A rather humorous gun fight took place near old Cherokee Town in the early 1890’s. It seems

there was an arrest warrant out for a black named Johnson and Deputy United States Marshal E. H.

Scrivner decided to serve the warrant. To assist him, Scrivner took along an old boy by the name of

Tom Noah. Noah lived over by Cherokee Town and had had troubles with some of the black families

who lived in the area which stemmed from Chickasaw Citizens claiming land occupied by the black

families.

 

Following the Civil War, the Chickasaw Nation found itself with a larger Negro population than it

had before the war, nearly quadruple in fact. This was caused by hundreds of former slaves anxious to

get as far west of their former masters as possible. Most had limited knowledge of the geography of

the nation and were simply looking for the public domain lands they’d heard so much about. Coming to

the western part of the Chickasaw Nation they found lots of empty land, good water, and soil. As they

had been farmers for hundreds of years, this looked like paradise to them, and so they stopped, putting

up houses and plowing the land.

 

Well, the Chickasaws, not wanting their lands overrun by people they felt no responsibility for,

passed a law that said simply that no Negro could hold land in the Chickasaw Nation and that a

Chickasaw could pre-empt, or take over, any structure or farm the Chickasaw found in the Nation

which was in possession of a Negro. Needless to say this law caused a heck of a lot of trouble.

 

Anyway, Tom Noah, who was a good farmer, and a brave man, had evicted several families under

this law and had been shot at more than once.

 

E. H. Scrivner, if truth was known, was not a lawman in the same sense of the meaning as Bill

Tilghman, Heck Thomas, and some of those old boys. No, Scrivner used his commission to batter

down resistance to the will of his employer, Sam Paul, and to prey on the whiskey runners who

infested the Chickasaw Nation. Catching whiskey runners was a lucrative business for early marshals

because like the modern law concerning drugs, all property used in the manufacture and transportation

of whiskey was subject to confiscation. Unlike the modern law, which has the money derived from the

sale of such property going to the county or state law enforcement bodies, the old Federal law on

whiskey let the marshals keep the money from such sales as a bounty. And, it didn’t take the marshals

long to figure out that the money from the sale of wagons and teams could add up to some serious

pocket change in a hurry. Scrivner, from the records, seems to have been the bane of whiskey runners.
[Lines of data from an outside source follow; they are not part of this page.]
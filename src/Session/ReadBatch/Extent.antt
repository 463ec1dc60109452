-- ===== src/Session/ReadBatch/Extent.antt =====
-- The validation of a native read batch stays within the bytes.
use Prim.Native.String.{String}
use exasol_gateway_sdk.Base.{
  ℕ, zero, suc, ◌+◌, ◌-◌, ◌*◌, ◌≤◌, ◌<◌, ◌^◌, ◌%◌, List, Option, none, some, Bool, true, ◌&&◌, ◌||◌,
  not, leb, ◌==◌, ==_iff, lt→ltb, length, ◌≡◌, refl, ap, arith, Bool-cases, inl, inr, if◌then◌else◌,
  Result,
}
use exasol_gateway_sdk.Base.Outcome.{ok}
use exasol_gateway_sdk.Base.Bytes.{at, at-lt}
use exasol_gateway_sdk.Base.Judged.{
  IsJudged, and_then-IsJudged, lifted-IsJudged, checked-IsJudged, checked-eq-ok, and_then-eq-ok,
}
use exasol_gateway_sdk.Base.State.{and_then}
use exasol_gateway_sdk.Session.{
  Arrow, TypeId, boolean, int64, double, decimal128, date32, timestamp, string, other,
}
use exasol_gateway_sdk.Session.Codec.{Reading, read_u8, read_u32, read_u64, has_room}
use exasol_gateway_sdk.Session.Reads.{
  read_u8-IsJudged, read_u32-IsJudged, read_u64-IsJudged, ensure_consumed-IsJudged,
}
use exasol_gateway_sdk.Session.ReadBatch.{
  expected_native_kind, zero_bytes, check_bytes, string_sizes, string_column, fixed_column,
  null_vector, column_header, read_column, field_at, read_columns, validate_native_batch,
  validate_native_read_batch, size_limit, is_boolean, is_string, is_decimal, value_width,
}

at-IsJudged : (bytes : List ℕ) (i : ℕ) → i < length bytes → IsJudged (at bytes i)
at-IsJudged bytes i h = rw (at-lt bytes i h) tt

expected_native_kind-IsJudged : (type : TypeId) → IsJudged (expected_native_kind type)
unfolding expected_native_kind
expected_native_kind-IsJudged boolean = tt
expected_native_kind-IsJudged int64 = tt
expected_native_kind-IsJudged double = tt
expected_native_kind-IsJudged decimal128 = tt
expected_native_kind-IsJudged date32 = tt
expected_native_kind-IsJudged timestamp = tt
expected_native_kind-IsJudged string = tt
expected_native_kind-IsJudged other = refl

zero_bytes-IsJudged : (n : ℕ) (bytes : List ℕ) (o : ℕ) → IsJudged (zero_bytes n bytes o).0
unfolding zero_bytes
zero_bytes-IsJudged zero bytes o = tt
zero_bytes-IsJudged (suc n) bytes o =
    and_then-IsJudged (read_u8 bytes o) _ (read_u8-IsJudged bytes o) λ byte s _.
      elim (Bool-cases (byte == 0)) [
        | inl is_so ↦ rw is_so (zero_bytes-IsJudged n bytes s)
        | inr not_so ↦ rw not_so tt
      ]

check_bytes-IsJudged :
    (p : ℕ → Bool) (reason : String) (bytes : List ℕ) (position rows o : ℕ)
    → position + rows ≤ length bytes
    → IsJudged (check_bytes p reason bytes position rows o).0
unfolding check_bytes
check_bytes-IsJudged p reason bytes position zero o h = tt
check_bytes-IsJudged p reason bytes position (suc rows) o h =
    lifted-IsJudged (at bytes position) o _ (at-IsJudged bytes position (omega arith)) λ byte _.
      checked-IsJudged (p byte) reason o _
        λ _. check_bytes-IsJudged p reason bytes (position + 1) rows o (omega arith)

string_sizes-IsJudged :
    (bytes : List ℕ) (null_position rows total o : ℕ)
    → null_position + rows ≤ length bytes
    → IsJudged (string_sizes bytes null_position rows total o).0
unfolding string_sizes
string_sizes-IsJudged bytes null_position zero total o h = tt
string_sizes-IsJudged bytes null_position (suc rows) total o h =
    and_then-IsJudged (read_u64 bytes o) _ (read_u64-IsJudged bytes o) λ size s _.
      lifted-IsJudged (at bytes null_position) s _ (at-IsJudged bytes null_position (omega arith))
        λ byte _. checked-IsJudged (not (byte == 0xff) || size == 0) _ s _ λ _.
          checked-IsJudged (leb size (size_limit - total)) _ s _
            λ _. string_sizes-IsJudged bytes (null_position + 1) rows (total + size) s (omega arith)

null_vector-IsJudged : (bytes : List ℕ) (rows o : ℕ) → IsJudged (null_vector bytes rows o).0
unfolding null_vector
null_vector-IsJudged bytes rows o =
    and_then-IsJudged (read_u32 bytes o) _ (read_u32-IsJudged bytes o) λ size s _.
      checked-IsJudged ((size == rows) && has_room bytes s size) _ s _ λ h.
        and_then-IsJudged _ _ (check_bytes-IsJudged _ _ bytes s rows s (extent size s h))
          λ _ t _. tt
  where
    extent :
        (size s : ℕ) → ((size == rows) && has_room bytes s size) ≡ true → s + rows ≤ length bytes
    extent size s h = ground arith

-- The null vector lies within the bytes where it is said to lie.
null_vector-extent :
    (bytes : List ℕ) (rows o position t : ℕ)
    → null_vector bytes rows o ≡ (ok position, t)
    → position + rows ≤ length bytes
unfolding null_vector
null_vector-extent bytes rows o position t h =
    let (size, s, _, later) = and_then-eq-ok (read_u32 bytes o) _ h in
    let (tested, checked) = checked-eq-ok ((size == rows) && has_room bytes s size) _ s _ later in
    let (_, u, _, returned) =
      and_then-eq-ok
        (check_bytes (λ byte. byte == 0 || byte == 0xff)
          "native read NULL vector contains an invalid value" bytes s rows s)
        _ checked in
    within size s tested (ap (λ (r : Result ℕ × ℕ). r.0) returned)
  where
    within :
        (size s : ℕ)
        → ((size == rows) && has_room bytes s size) ≡ true
        → ok s ≡ ok position
        → position + rows ≤ length bytes
    within size s tested same = ground arith

string_column-IsJudged :
    (bytes : List ℕ) (rows null_offset o : ℕ)
    → null_offset + rows ≤ length bytes
    → IsJudged (string_column bytes rows null_offset o).0
unfolding string_column
string_column-IsJudged bytes rows null_offset o h =
    and_then-IsJudged (read_u32 bytes o) _ (read_u32-IsJudged bytes o) λ size s _.
      checked-IsJudged ((size == rows * 8) && has_room bytes s size) _ s _ λ _.
        and_then-IsJudged _ _ (string_sizes-IsJudged bytes null_offset rows 0 s h) λ total t _.
          and_then-IsJudged (read_u32 bytes t) _ (read_u32-IsJudged bytes t) λ data_size u _.
            checked-IsJudged ((total == data_size) && has_room bytes u data_size) _ u _ λ _. tt

value_width-one : (type : TypeId) (kind : ℕ) → is_boolean type ≡ true → value_width type kind ≡ 1
unfolding value_width
value_width-one boolean kind h = refl
value_width-one int64 kind h = cc
value_width-one double kind h = cc
value_width-one decimal128 kind h = cc
value_width-one date32 kind h = cc
value_width-one timestamp kind h = cc
value_width-one string kind h = cc
value_width-one other kind h = cc

fixed_column-IsJudged :
    (bytes : List ℕ) (rows : ℕ) (type : TypeId) (kind o : ℕ)
    → IsJudged (fixed_column bytes rows type kind o).0
unfolding fixed_column
fixed_column-IsJudged bytes rows type kind o =
    and_then-IsJudged (read_u32 bytes o) _ (read_u32-IsJudged bytes o) λ size s _.
      checked-IsJudged ((size == rows * value_width type kind) && has_room bytes s size) _ s _ λ h.
        elim (Bool-cases (is_boolean type)) [
          | inl is_so ↦ rw is_so (
              and_then-IsJudged _ _
                (check_bytes-IsJudged _ _ bytes s rows s
                  (extent size s (value_width type kind) (value_width-one type kind is_so) h))
                λ _ t _. tt)
          | inr not_so ↦ rw not_so tt
        ]
  where
    extent :
        (size s width : ℕ)
        → width ≡ 1
        → ((size == rows * width) && has_room bytes s size) ≡ true
        → s + rows ≤ length bytes
    extent size s width one h = ground arith

column_header-IsJudged :
    (bytes : List ℕ) (type : TypeId) (scale o : ℕ) → IsJudged (column_header bytes type scale o).0
unfolding column_header
column_header-IsJudged bytes type scale o =
    and_then-IsJudged (read_u8 bytes o) _ (read_u8-IsJudged bytes o) λ kind s _.
      lifted-IsJudged (expected_native_kind type) s _ (expected_native_kind-IsJudged type)
        λ expected _.
          checked-IsJudged
            (kind == expected || (is_decimal type && (kind == 4 || kind == 8 || kind == 9))) _ s _
            λ _.
              and_then-IsJudged (zero_bytes 3 bytes s) _ (zero_bytes-IsJudged 3 bytes s)
                λ reserved t _. checked-IsJudged reserved _ t _ λ _.
                  and_then-IsJudged (read_u32 bytes t) _ (read_u32-IsJudged bytes t) λ found u _.
                    and_then-IsJudged (read_u32 bytes u) _ (read_u32-IsJudged bytes u)
                      λ buffers v _.
                        checked-IsJudged (buffers == (if is_string type then 3 else 2)) _ v _ λ _.
                          checked-IsJudged (found == (if is_decimal type then scale else 0)) _ v _
                            λ _. tt

read_column-IsJudged :
    (bytes : List ℕ) (rows : ℕ) (type : TypeId) (scale o : ℕ)
    → IsJudged (read_column bytes rows type scale o).0
unfolding read_column
read_column-IsJudged bytes rows type scale o =
    and_then-IsJudged _ _ (column_header-IsJudged bytes type scale o) λ kind s _.
      and_then-IsJudged (null_vector bytes rows s) _ (null_vector-IsJudged bytes rows s)
        λ position t e. elim (Bool-cases (is_string type)) [
          | inl is_so ↦ rw is_so (
              string_column-IsJudged bytes rows position t
                (null_vector-extent bytes rows s position t e))
          | inr not_so ↦ rw not_so (fixed_column-IsJudged bytes rows type kind t)
        ]

module _ {Schema RecordBatch : Type 0} (arrow : Arrow Schema RecordBatch) where
  read_columns-IsJudged :
      (bytes : List ℕ) (rows : ℕ) (schema : Schema) (column columns o : ℕ)
      → column + columns ≤ arrow.num_fields schema
      → IsJudged (read_columns arrow bytes rows schema column columns o).0
  unfolding read_columns field_at
  read_columns-IsJudged bytes rows schema column zero o h = tt
  read_columns-IsJudged bytes rows schema column (suc more) o h =
      rw (lt→ltb column (arrow.num_fields schema) (omega (arith, h))) (
        and_then-IsJudged _ _
          (read_column-IsJudged bytes rows (arrow.type_id schema column) (arrow.scale schema column)
            o)
          λ _ s _. read_columns-IsJudged bytes rows schema (column + 1) more s (omega (arith, h)))

  validate_native_batch-IsJudged :
      (bytes : List ℕ) (schema : Schema) (o : ℕ)
      → IsJudged (validate_native_batch arrow bytes schema o).0
  unfolding validate_native_batch
  validate_native_batch-IsJudged bytes schema o = word o _ λ magic a.
      checked-IsJudged (magic == 0x53475242) _ a _ λ _. word a _ λ version b.
        checked-IsJudged (version == 1) _ b _ λ _. word b _ λ rows c. word c _ λ columns d.
          checked-IsJudged (columns == arrow.num_fields schema % 2 ^ 32) _ d _ λ all_in.
            word d _ λ order e. checked-IsJudged (order == 1) _ e _ λ _. word e _ λ abi f.
              checked-IsJudged (abi == 1) _ f _ λ _.
                and_then-IsJudged _ _
                  (read_columns-IsJudged bytes rows schema 0 columns f (counted columns all_in))
                  λ _ g _. ensure_consumed-IsJudged bytes g
    where
      counted :
          (columns : ℕ)
          → (columns == arrow.num_fields schema % 2 ^ 32) ≡ true
          → 0 + columns ≤ arrow.num_fields schema
      counted columns h =
          let e : columns ≡ arrow.num_fields schema % 2 ^ 32 = (==_iff _ _).0 h in omega (arith, e)

      word :
          (o : ℕ) (f : ℕ → Reading (Unit {0}))
          → ((v s : ℕ) → IsJudged (f v s).0)
          → IsJudged (and_then (read_u32 bytes o) f).0
      word o f h = and_then-IsJudged (read_u32 bytes o) f (read_u32-IsJudged bytes o) λ v s _. h v s

  -- The validation of a native read batch reads nothing out of range, whatever the bytes and the
  -- schema: it returns, or throws an error of a category of the protocol.
  pub validate_native_read_batch-IsJudged :
      (bytes : List ℕ) (schema : Option Schema)
      → IsJudged (validate_native_read_batch arrow bytes schema)
  unfolding validate_native_read_batch
  validate_native_read_batch-IsJudged bytes none = refl
  validate_native_read_batch-IsJudged bytes (some schema) =
      validate_native_batch-IsJudged bytes schema 0
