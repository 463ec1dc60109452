-- ===== src/Session/Payloads.antt =====
-- The payloads of the requests are written, and those of the responses are read, without an access
-- out of range: the code returns or throws an error of a category of the protocol.
use Prim.Native.String.{String}
use exasol_gateway_sdk.Base.{
  ℕ, ◌^◌, ◌-◌, List, [], ◌∷◌, Option, none, some, Bool, ◌&&◌, leb, ltb, ◌==◌, length, refl,
  Bool-cases, Option-cases, inl, inr, if◌then◌else◌, Result,
}
use exasol_gateway_sdk.Base.Outcome.{ok, err, fault, followed_by}
use exasol_gateway_sdk.Base.Judged.{IsJudged, and_then-IsJudged, lifted-IsJudged, checked-IsJudged}
use exasol_gateway_sdk.Base.State.{lift, pure}
use exasol_gateway_sdk.Session.{Arrow, RowLocation, TableName, Cursor}
use exasol_gateway_sdk.Session.Codec.{
  append_u8, Writing, append_u32, append_u64, append_string16, append_string32, append_bytes32,
  append_u16, append_all, append_locations, table_payload, native_payload, nonempty,
}
use exasol_gateway_sdk.Session.Reads.{
  read_u8-IsJudged, read_u32-IsJudged, read_u64-IsJudged, read_string16-IsJudged,
  read_bytes32-IsJudged, read_all-IsJudged, read_location-IsJudged, ensure_consumed-IsJudged,
}
use exasol_gateway_sdk.Session.Schema.{
  digits_from, all_parsed, from_chars, table_row_count, owned_buffer, decode_schema, encode_schema,
  decode_batch,
}
use exasol_gateway_sdk.Session.ReadBatch.{validate_native_read_batch}
use exasol_gateway_sdk.Session.ReadBatch.Extent.{validate_native_read_batch-IsJudged}
use exasol_gateway_sdk.Session.Request.{Connection}
use exasol_gateway_sdk.Session.Cursors.{
  table_metadata, table_version, opened_cursor, fetched, decode_native_fetch_result, scan_payload,
}
use exasol_gateway_sdk.Session.Writes.{
  opened_operation, affected_rows, column_payload, column_operation_payload,
}

pub append_string16-IsJudged : (v out : List ℕ) → IsJudged (append_string16 v out).0
unfolding append_string16 append_u16
append_string16-IsJudged v out =
    checked-IsJudged (nonempty v && leb (length v) 0xffff) _ out _ λ _. tt

pub append_string32-IsJudged : (v out : List ℕ) → IsJudged (append_string32 v out).0
unfolding append_string32 append_u32
append_string32-IsJudged v out =
    checked-IsJudged (nonempty v && leb (length v) 0xffff_ffff) _ out _ λ _. tt

pub append_bytes32-IsJudged : (v out : List ℕ) → IsJudged (append_bytes32 v out).0
unfolding append_bytes32 append_u32
append_bytes32-IsJudged v out = checked-IsJudged (leb (length v) 0xffff_ffff) _ out _ λ _. tt

pub append_all-IsJudged {ℓ} :
    {A : Type ℓ} (write : A → Writing) (xs : List A)
    → ((x : A) (out : List ℕ) → IsJudged (write x out).0)
    → (out : List ℕ) → IsJudged (append_all write xs out).0
unfolding append_all
append_all-IsJudged write [] h out = tt
append_all-IsJudged write (x ∷ xs) h out =
    and_then-IsJudged (write x out) _ (h x out) λ _ s _. append_all-IsJudged write xs h s

pub append_locations-IsJudged :
    (locations : List RowLocation) (out : List ℕ) → IsJudged (append_locations locations out).0
unfolding append_locations append_u32 append_u64
append_locations-IsJudged locations out =
    checked-IsJudged (leb (length locations) 0xffff_ffff) _ out _
      λ _. append_all-IsJudged _ locations (λ x s. tt) _

pub table_payload-IsJudged :
    (table : TableName) (out : List ℕ) → IsJudged (table_payload table out).0
unfolding table_payload
table_payload-IsJudged table out =
    and_then-IsJudged (append_string16 table.schema out) _
      (append_string16-IsJudged table.schema out) λ _ s _. append_string16-IsJudged table.table s

pub native_payload-IsJudged :
    (id : ℕ) (batch out : List ℕ) → IsJudged (native_payload id batch out).0
unfolding native_payload append_u64 append_u32
native_payload-IsJudged id batch out =
    checked-IsJudged (nonempty batch && leb (length batch) 0xffff_ffff) _ out _ λ _. tt

all_parsed-IsJudged : (r : Option ℕ × List ℕ) → IsJudged (all_parsed r)
all_parsed-IsJudged (none, cs) = refl
all_parsed-IsJudged (some v, c ∷ cs) = refl
all_parsed-IsJudged (some v, []) = elim (Bool-cases (ltb v (2 ^ 64))) [
  | inl small ↦ rw small tt
  | inr large ↦ rw large refl
]

module _ {Schema RecordBatch : Type 0} (arrow : Arrow Schema RecordBatch) where
  decode_schema-IsJudged : (bytes : List ℕ) → IsJudged (decode_schema arrow bytes)
  unfolding decode_schema owned_buffer
  decode_schema-IsJudged bytes = elim (Bool-cases (leb (length bytes) (2 ^ 63 - 1))) [
    | inl small ↦ elim (Option-cases (arrow.read_schema bytes)) [
      | inl failed ↦ rw (small, failed) refl
      | inr (schema, read) ↦ rw (small, read) tt
    ]
    | inr large ↦ rw large refl
  ]

  pub encode_schema-IsJudged : (schema : Option Schema) → IsJudged (encode_schema arrow schema)
  unfolding encode_schema
  encode_schema-IsJudged none = refl
  encode_schema-IsJudged (some schema) = elim (Option-cases (arrow.serialize_schema schema)) [
    | inl failed ↦ rw (failed, IsJudged) refl
    | inr (bytes, written) ↦ rw (written, IsJudged) tt
  ]

  pub decode_batch-IsJudged :
      (schema : Option Schema) (bytes : List ℕ) → IsJudged (decode_batch arrow schema bytes)
  unfolding decode_batch owned_buffer
  decode_batch-IsJudged schema [] = tt
  decode_batch-IsJudged none (b ∷ bs) = refl
  decode_batch-IsJudged (some schema) (b ∷ bs) =
      elim (Bool-cases (leb (length (b ∷ bs)) (2 ^ 63 - 1))) [
        | inl small ↦ elim (Option-cases (arrow.read_record_batch schema (b ∷ bs))) [
          | inl failed ↦ rw (small, failed) refl
          | inr (batch, read) ↦ rw (small, read) tt
        ]
        | inr large ↦ rw large refl
      ]

  counted-IsJudged : (r : Result ℕ) → IsJudged r → IsJudged (followed_by (λ (v : ℕ). ok (some v)) r)
  counted-IsJudged (ok v) h = tt
  counted-IsJudged (err e) h = h
  counted-IsJudged fault h = h

  table_row_count-IsJudged : (schema : Option Schema) → IsJudged (table_row_count arrow schema)
  unfolding table_row_count from_chars
  table_row_count-IsJudged none = tt
  table_row_count-IsJudged (some schema) = elim (Option-cases (arrow.row_count_metadata schema)) [
    | inl absent ↦ rw (absent, IsJudged) tt
    | inr (encoded, present) ↦
        rw (present, IsJudged) (counted-IsJudged _ (all_parsed-IsJudged (digits_from none encoded)))
  ]

module _ {C Schema RecordBatch : Type 0} (net : Connection C)
    (arrow : Arrow Schema RecordBatch) where
  pub table_metadata-IsJudged :
      (payload : List ℕ) (o : ℕ) → IsJudged (table_metadata net arrow payload o).0
  unfolding table_metadata
  table_metadata-IsJudged payload o =
      and_then-IsJudged _ _ (read_string16-IsJudged payload o) λ schema_name a _.
        and_then-IsJudged _ _ (read_string16-IsJudged payload a) λ table_name b _.
          and_then-IsJudged _ _ (read_string16-IsJudged payload b) λ version c _.
            and_then-IsJudged _ _ (read_bytes32-IsJudged payload c) λ encoded d _.
              lifted-IsJudged _ d _ (decode_schema-IsJudged arrow encoded) λ schema _.
                lifted-IsJudged _ d _ (table_row_count-IsJudged arrow (some schema))
                  λ rows _. and_then-IsJudged _ _ (ensure_consumed-IsJudged payload d) λ _ e _. tt

  pub table_version-IsJudged :
      (payload : List ℕ) (o : ℕ) → IsJudged (table_version net arrow payload o).0
  unfolding table_version
  table_version-IsJudged payload o =
      and_then-IsJudged _ _ (read_string16-IsJudged payload o) λ schema_name a _.
        and_then-IsJudged _ _ (read_string16-IsJudged payload a) λ table_name b _.
          and_then-IsJudged _ _ (read_string16-IsJudged payload b)
            λ version c _. and_then-IsJudged _ _ (ensure_consumed-IsJudged payload c) λ _ d _. tt

  pub opened_cursor-IsJudged :
      (payload : List ℕ) (o : ℕ) → IsJudged (opened_cursor net arrow payload o).0
  unfolding opened_cursor
  opened_cursor-IsJudged payload o = and_then-IsJudged _ _ (read_u64-IsJudged payload o) λ id a _.
      and_then-IsJudged _ _ (read_bytes32-IsJudged payload a) λ encoded b _.
        lifted-IsJudged _ b _ (decode_schema-IsJudged arrow encoded)
          λ schema _. and_then-IsJudged _ _ (ensure_consumed-IsJudged payload b) λ _ c _. tt

  pub opened_operation-IsJudged :
      (payload : List ℕ) (o : ℕ) → IsJudged (opened_operation net arrow payload o).0
  unfolding opened_operation
  opened_operation-IsJudged payload o =
      and_then-IsJudged _ _ (read_u64-IsJudged payload o) λ id a _.
        and_then-IsJudged _ _ (read_bytes32-IsJudged payload a) λ encoded b _.
          lifted-IsJudged _ b _ (decode_schema-IsJudged arrow encoded)
            λ schema _. and_then-IsJudged _ _ (ensure_consumed-IsJudged payload b) λ _ c _. tt

  pub affected_rows-IsJudged :
      (payload : List ℕ) (o : ℕ) → IsJudged (affected_rows net arrow payload o).0
  unfolding affected_rows
  affected_rows-IsJudged payload o =
      and_then-IsJudged _ _ (read_u64-IsJudged payload o)
        λ id a _. and_then-IsJudged _ _ (ensure_consumed-IsJudged payload a) λ _ c _. tt

  pub fetched-IsJudged :
      (mismatch : String) (cursor : Cursor Schema) (payload : List ℕ) (o : ℕ)
      → IsJudged (fetched net arrow mismatch cursor payload o).0
  unfolding fetched
  fetched-IsJudged mismatch cursor payload o =
      and_then-IsJudged _ _ (read_u64-IsJudged payload o) λ id a _.
        and_then-IsJudged _ _ (read_u8-IsJudged payload a) λ end b _.
          and_then-IsJudged _ _ (read_bytes32-IsJudged payload b) λ rows c _.
            and_then-IsJudged _ _ (read_u32-IsJudged payload c) λ count d _.
              and_then-IsJudged _ _ (read_all-IsJudged count _ (read_location-IsJudged payload) d)
                λ locations e _.
                  and_then-IsJudged _ _ (ensure_consumed-IsJudged payload e)
                    λ _ f _. checked-IsJudged (id == cursor.id) _ f _ λ _. tt

  pub decode_native_fetch_result-IsJudged :
      (payload : List ℕ) (cursor : Cursor Schema) (o : ℕ)
      → IsJudged (decode_native_fetch_result net arrow payload cursor o).0
  unfolding decode_native_fetch_result
  decode_native_fetch_result-IsJudged payload cursor o =
      and_then-IsJudged _ _ (read_u64-IsJudged payload o) λ id a _.
        and_then-IsJudged _ _ (read_u8-IsJudged payload a) λ end b _.
          and_then-IsJudged _ _ (read_bytes32-IsJudged payload b) λ rows c _.
            and_then-IsJudged _ _ (validated rows c) λ _ d _.
              and_then-IsJudged _ _ (read_u32-IsJudged payload d) λ count e _.
                and_then-IsJudged _ _ (read_all-IsJudged count _ (read_location-IsJudged payload) e)
                  λ locations f _.
                    and_then-IsJudged _ _ (ensure_consumed-IsJudged payload f)
                      λ _ g _. checked-IsJudged (id == cursor.id) _ g _ λ _. tt
    where
      validated :
          (rows : List ℕ) (s : ℕ)
          → IsJudged
              ((if nonempty rows
                  then lift (validate_native_read_batch arrow rows cursor.schema)
                  else pure tt)
                s).0
      validated rows s = elim (Bool-cases (nonempty rows)) [
        | inl some_rows ↦
            rw some_rows (validate_native_read_batch-IsJudged arrow rows cursor.schema)
        | inr no_rows ↦ rw no_rows tt
      ]

  pub scan_payload-IsJudged :
      (table : TableName) (columns : List (List ℕ)) (locations : Bool) (out : List ℕ)
      → IsJudged (scan_payload net arrow table columns locations out).0
  unfolding scan_payload append_u32 append_u8
  scan_payload-IsJudged table columns locations out =
      and_then-IsJudged _ _ (append_string32-IsJudged table.schema out) λ _ a _.
        and_then-IsJudged _ _ (append_string32-IsJudged table.table a) λ _ b _.
          and_then-IsJudged _ _
            (append_all-IsJudged append_string32 columns append_string32-IsJudged _) λ _ c _. tt

  pub column_operation_payload-IsJudged :
      (table : TableName) (columns : List (List ℕ)) (rows : ℕ) (schema : Option Schema)
      (out : List ℕ)
      → IsJudged (column_operation_payload net arrow table columns rows schema out).0
  unfolding column_operation_payload append_u32
  column_operation_payload-IsJudged table columns rows schema out =
      and_then-IsJudged _ _ (columns-IsJudged out) λ _ a _.
        lifted-IsJudged _ a _ (encode_schema-IsJudged arrow schema)
          λ encoded _. append_bytes32-IsJudged encoded a
    where
      columns-IsJudged :
          (out : List ℕ) → IsJudged (column_payload net arrow table columns rows out).0
      columns-IsJudged out =
          and_then-IsJudged _ _ (append_string32-IsJudged table.schema out) λ _ a _.
            and_then-IsJudged _ _ (append_string32-IsJudged table.table a) λ _ b _.
              and_then-IsJudged _ _
                (append_all-IsJudged append_string32 columns append_string32-IsJudged _) λ _ c _. tt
Which did not make him too popular with either the criminal element or the civilized element, for that

matter, because whiskey drinking was the major form of entertainment in the early Chickasaw Nation.

Anyway, the point is, that though not a stand up and shoot it out type of officer, Scrivner had been shot

at a few times too.

 

Johnson, the offender, Scrivner and Noah were chasing, had probably been, on occasion, one of

the parties shooting at the two men, for he was both a squatter and a whiskey runner. And, his

reaction, when the three ‘bumped’ into each other in the scrub brush of the Washita, was anything but

friendly.

 

The three men rode up on each other and were within less than 100 yards of each other when

shooting immediately broke out. The first casualties were the three horses. This meant nobody, even if

they wanted to, and all three really wanted to, was going to make a quick escape. So, they settled

down to some serious shooting, Johnson behind his fallen horse, Scrivner under a bank, while Tom

Noah hunkered behind a pitiful little ol’ chin oak.

 

All this whanging away at each other kept up for a couple of hours, with both sides discharging

close to a hundred rounds without hurting anything more than three innocent horses. Their fire was so

ineffective the squirrels, between the opposing parties, ignored the noise and continued with their

winter food gathering. Soon, the fire on the Scrivner side began to taper off.

 

Scrivner whispered over to Tom Noah that he was getting low on ammunition and was going to

sneak around and go off to Cherokee Town for a fresh supply. Tom was not too happy with this idea,

but he was not in charge of the expedition, so he agreed. Shortly thereafter, Tom noticed that he, too,

was getting a mite shy of ammunition. In fact, he was out and his pockets empty.

 

Not knowing what else to do, he hollered over to Johnson that he had no more bullets and

proposed that they end this thing. Johnson told Noah that was fine with him and for Noah to just step

on out in the open. Noah, not liking the less than friendly sneer in Johnson’s tone decided that was not

a real good idea and tried to burrow under his itsy bitsy chunk of oak tree while bullets continued to

gouge out chunks and splinters.

 

After a while, everything grew still. After a long while, Tom Noah peeked out of his burrow and

finding nothing more harmful looking than flies buzzing around the newly deceased horses, crawled on

out. It didn’t take long to confirm that he was truly alone. Johnson had slipped off into the woods and

was long gone. So, Tom decided to go find out what was keeping Scrivner---seemed to him that half a

day was long enough to walk the mile and a half to Cherokee Town and get back. Image Tom’s

surprise when he found Scrivner, the next day, at Pauls Valley...

 

(Source: Pauls Valley Deomocrat and Indian and Pioneer Files)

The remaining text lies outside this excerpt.